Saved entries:
- Opening Delimiter -

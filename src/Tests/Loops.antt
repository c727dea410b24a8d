-- ===== src/Tests/Loops.antt =====
-- retry/retry.go, plugin/path_extend_lease.go and plugin/backend.go on concrete inputs.
use openbao_teradata_secret.Common.{
  ◌⊎◌, ℕ, suc, zero, ◌+◌, ◌*◌, ◌≡◌, refl, [], Option, none, some, arith,
}
use openbao_teradata_secret.Common.Bytes.{codes}
use openbao_teradata_secret.Common.Int.{pos}
use openbao_teradata_secret.Degradation.{Flags, new_flags, set_manually_enabled_degradation}
use mathlib.Core.Bool.{true, false}
use mathlib.Core.List.{[]}
use openbao_teradata_secret.Leases.{Times}
use openbao_teradata_secret.Model.{Role, second}
use openbao_teradata_secret.Outcome.{Outcome, ok, err}
use openbao_teradata_secret.Retry.{
  Error, not_connected, Config, Context, budget, attempts, settle, is_retryable_error, do_retry,
  default_config,
}
use openbao_teradata_secret.Retry.Do.{do_retry_lem, do_retry-recovers}
use openbao_teradata_secret.Retry.Loop.{IsQuiet, once, again}

-- A context that never ends, and an operation that fails as often as its state says.
abbrev quiet : Context
quiet = record { done = λ i. none; slept = λ i. none }

quiet-IsQuiet : IsQuiet quiet
quiet-IsQuiet = record { not_done = λ i. refl; not_cut = λ i. refl }

abbrev flaky : ℕ → ℕ × Outcome Error (Unit {0})
flaky zero = (zero, ok tt)
flaky (suc n) = (n, err not_connected)

do_retry_lem_example :
    (is_retryable_error not_connected ≡ false)
    ⊎ ((do_retry quiet (some default_config) flaky 5).calls ≡ budget default_config)
    ⊎ ((i : ℕ) × ((quiet.done i ≡ some not_connected) ⊎ (quiet.slept i ≡ some not_connected)))
unfolding do_retry attempts settle is_retryable_error budget
do_retry_lem_example = do_retry_lem flaky quiet default_config 5 not_connected refl

do_retry-recovers_example :
    do_retry quiet (some default_config) flaky 2
    ≡ record { state = 0; calls = 2 + 1; outcome = ok tt }
unfolding budget is_retryable_error
do_retry-recovers_example =
    do_retry-recovers flaky quiet default_config not_connected 2 2 0 0 quiet-IsQuiet
      (again not_connected refl refl (once refl refl)) refl (omega arith)

abbrev zero_config : Config
zero_config = record { max_attempts = pos 0 }

abbrev unused : ℕ → ℕ × Outcome Error (Option ℕ)
unused n = (n, ok (some 1))

-- A lease of a role whose maximum is ten seconds, extended six seconds after its creation.
abbrev role : Role
role = record {
  name = codes "r";
  version = pos 4;
  username_prefix = [];
  username_suffix = [];
  default_ttl = pos 5;
  max_ttl = pos 10;
  statement_template = [];
  creation_statement = [];
  revocation_statement = [];
  rollback_statement = [];
  renewal_statement = [];
  default_database = [];
  perm_space = pos 0;
  spool_space = pos 0;
  max_credentials = pos 0;
  session_variables = none;
  password_policy = [];
}

abbrev times : Times
times = record {
  at_expiry = 7 * second;
  at_first_since = 7 * second;
  at_second_since = 7 * second;
  at_renewal = 7 * second;
  at_extension = 7 * second;
  at_cache = (0, 0, 0);
}

-- A check that finds nothing wrong after degradation was switched on by hand.
abbrev switched_on : Flags
switched_on = set_manually_enabled_degradation new_flags true 3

- Closing Delimiter -

* [Task directions]: Among the records above, repeat exactly the line with "abbrev zero_config : Config", the line with "version = pos 4;", and every line in between, and only those.

* [Output for this task]:
abbrev zero_config : Config
zero_config = record { max_attempts = pos 0 }

abbrev unused : ℕ → ℕ × Outcome Error (Option ℕ)
unused n = (n, ok (some 1))

-- A lease of a role whose maximum is ten seconds, extended six seconds after its creation.
abbrev role : Role
role = record {
  name = codes "r";
  version = pos 4;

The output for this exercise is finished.